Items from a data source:
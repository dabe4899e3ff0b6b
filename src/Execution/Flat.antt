-- ===== src/Execution/Flat.antt =====
-- services/execution/execution_engine.py: what the report of `eod_square_off` means.
use apex_trader.Base.{
  ◌≡◌, refl, subst, ◌∙◌, ◌⊎◌, inl, inr, ℕ, String, Bool, true, false, ◌&&◌, List, [], ◌∷◌, ◌++◌,
  arith,
}
use apex_trader.Base.Floats.{FloatOps}
use apex_trader.Base.CaseMap.{CaseMap}
use apex_trader.Config.{Settings, is_live}
use apex_trader.Cache.{Redis}
use apex_trader.Portfolio.Models.{PositionView}
use apex_trader.Execution.World.{Result, ok, raised, World, Broker, Outside, Market, BrokerPosition}
use apex_trader.Execution.Run.{outcome, call, Run, ◌>>=◌, gets}
use apex_trader.Execution.Rules.{
  Any, Holds, returned, Holds-then, Holds-bind, Holds-pure, Holds-if, Holds-any, Holds-keeps,
}
use apex_trader.Execution.Engine.Closing.{
  Trouble, SquareOff, Closure, is_empty, closure_of, unresolved_trouble, verify_closure, verdict,
  eod_square_off,
}
use apex_trader.Execution.Stopping.{IsStopped, IsStopped-persist, IsStopped-shut}

empty_list : {A : Type 0} (xs : List A) → is_empty xs ≡ true → xs ≡ []
empty_list [] h = refl
empty_list (x ∷ xs) h = ground (arith, h)

all_three : (a c d : Bool) → (a && c && d) ≡ true → (a ≡ true) × (c ≡ true) × (d ≡ true)
all_three a c d h = ground (arith, h)

tail_empty : {A : Type 0} (xs ys : List A) → xs ++ ys ≡ [] → ys ≡ []
tail_empty [] ys h = h
tail_empty (x ∷ xs) ys h = ground (arith, h)

-- The broker answered that it has these positions, and was not called since.
abbrev pub IsAnswered :
    {F B W : Type 0} ⦃b : Broker F B⦄ → List (BrokerPosition F) → World F B W → Type 0
IsAnswered {B} ⦃b⦄ positions w =
    (st : B) × (((b.fetch_open_positions st).0 ≡ ok positions)
      × (w.broker ≡ (b.fetch_open_positions st).1))

module _ {F B W : Type 0} ⦃b : Broker F B⦄ where
  closure_of-IsAnswered :
      (errors : List (Trouble F)) (answer : Result (List (BrokerPosition F))) (st : B)
      (w : World F B W)
      → (b.fetch_open_positions st).0 ≡ answer
      → w.broker ≡ (b.fetch_open_positions st).1
      → (closure_of errors answer).errors ≡ []
      → IsAnswered (closure_of errors answer).remaining w
  closure_of-IsAnswered errors (ok positions) st w e p h = (st, (e, p))
  closure_of-IsAnswered errors (raised m) st w e p h = ground (arith, tail_empty errors _ h)

module _ {F B W : Type 0} where
  held_now :
      {C : Type 0} (Q : World F B W → Type 0) {G : C → World F B W → Type 0}
      (g : List (PositionView F) → Run F B W C)
      → ((held : List (PositionView F))
          → Holds (λ w. Q w × (w.portfolio.state.positions ≡ held)) (g held) G)
      → Holds Q (gets (λ w. w.portfolio.state.positions) >>= g) G
  unfolding ◌>>=◌ gets
  held_now Q g h = record { at = λ w p. (h w.portfolio.state.positions).at w (p, refl) }

  -- The broker's answer to a call that is looked at at once.
  asked_now :
      {A C : Type 0} (f : B → Result A × B) {g : Result A → Run F B W C}
      {H : C → World F B W → Type 0}
      → ((a : Result A) (st : B) → (f st).0 ≡ a → Holds (λ w. w.broker ≡ (f st).1) (g a) H)
      → Holds Any (outcome (call f) >>= g) H
  unfolding ◌>>=◌ outcome call
  asked_now f h = record { at = λ w p. (h (f w.broker).0 w.broker refl).at _ refl }

module _ {F B W : Type 0} ⦃o : FloatOps F⦄ ⦃u : CaseMap⦄ ⦃x : Outside W⦄ ⦃b : Broker F B⦄
    ⦃r : Redis W⦄ ⦃k : Market F W⦄ where
  -- Everything is closed, by the ledger and the broker, or the portfolio is halted.
  abbrev pub IsFlat : SquareOff F → World F B W → Type 0
  IsFlat report w =
      ((report.is_ok ≡ true)
        × (w.portfolio.state.positions ≡ [])
        × (report.errors ≡ [])
        × IsAnswered [] w)
      ⊎ ((report.is_ok ≡ false) × IsStopped w)

  closure-IsAnswered :
      (cfg : Settings F)
      → is_live cfg.trading_mode ≡ true
      → Holds {F = F} {B = B} {W = W} Any
          (verify_closure cfg)
          (λ c w. c.errors ≡ [] → IsAnswered c.remaining w)
  unfolding verify_closure
  closure-IsAnswered cfg live =
      Holds-if (is_live cfg.trading_mode)
        (λ c. Holds-then _ λ rows. asked_now b.fetch_open_positions λ answer st e.
          Holds-pure _ λ w p h. closure_of-IsAnswered (unresolved_trouble rows) answer st w e p h)
        (λ c. ground (arith, c, live))

  verdict-IsFlat :
      (accounted : ℕ) (errors : List (Trouble F)) (closure : Closure F)
      → Holds {F = F} {B = B} {W = W}
          (λ w. closure.errors ≡ [] → IsAnswered closure.remaining w)
          (verdict accounted errors closure)
          IsFlat
  unfolding verdict
  verdict-IsFlat accounted errors closure = held_now _ _ λ held.
      Holds-if (is_empty (errors ++ closure.errors) && is_empty closure.remaining && is_empty held)
        (λ c.
          let (e, m, n) =
            all_three (is_empty (errors ++ closure.errors)) (is_empty closure.remaining)
              (is_empty held) c in
          let none_wrong = empty_list (errors ++ closure.errors) e in
          Holds-pure _ λ w p. inl (
            refl,
            p.1 ∙ empty_list held n,
            none_wrong,
            subst (λ ps. IsAnswered ps w) (empty_list closure.remaining m)
                (p.0 (tail_empty errors closure.errors none_wrong)),
          ))
        (λ c. Holds-any (
          Holds-bind IsStopped-shut
            λ _. Holds-bind (Holds-keeps IsStopped-persist) λ _. Holds-pure _ λ w p. inr (refl, p)))

  square_off-IsFlat :
      (cfg : Settings F) (reason : String)
      → is_live cfg.trading_mode ≡ true
      → Holds {F = F} {B = B} {W = W} Any (eod_square_off cfg reason) IsFlat
  unfolding eod_square_off
  square_off-IsFlat cfg reason live = Holds-then _ λ held. Holds-then _ λ done.
      Holds-bind (closure-IsAnswered cfg live) λ closure. verdict-IsFlat done.0 done.1 closure

  -- A square-off in live mode that returns reports success only when the ledger has no position, the report
  -- lists no error and the broker, in the last call that was made of it, answered that it has no position;
  -- otherwise it halts the portfolio.
  pub eod_square_off-IsFlat :
      (cfg : Settings F) (reason : String) (w : World F B W) (report : SquareOff F)
      → is_live cfg.trading_mode ≡ true
      → (eod_square_off cfg reason w).0 ≡ ok report
      → IsFlat report (eod_square_off cfg reason w).1
  eod_square_off-IsFlat cfg reason w report live h =
      returned IsFlat _ report h ((square_off-IsFlat cfg reason live).at w tt)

_ACTIVITY_. Taking the line with "cfg reason) IsFlat" as the first and the line with "-- A square-off" as the last, retype that stretch of the data above exactly, with no other lines.

_YOUR SOLUTION_.
      → Holds {F = F} {B = B} {W = W} Any (eod_square_off cfg reason) IsFlat
  unfolding eod_square_off
  square_off-IsFlat cfg reason live = Holds-then _ λ held. Holds-then _ λ done.
      Holds-bind (closure-IsAnswered cfg live) λ closure. verdict-IsFlat done.0 done.1 closure

  -- A square-off in live mode that returns reports success only when the ledger has no position, the report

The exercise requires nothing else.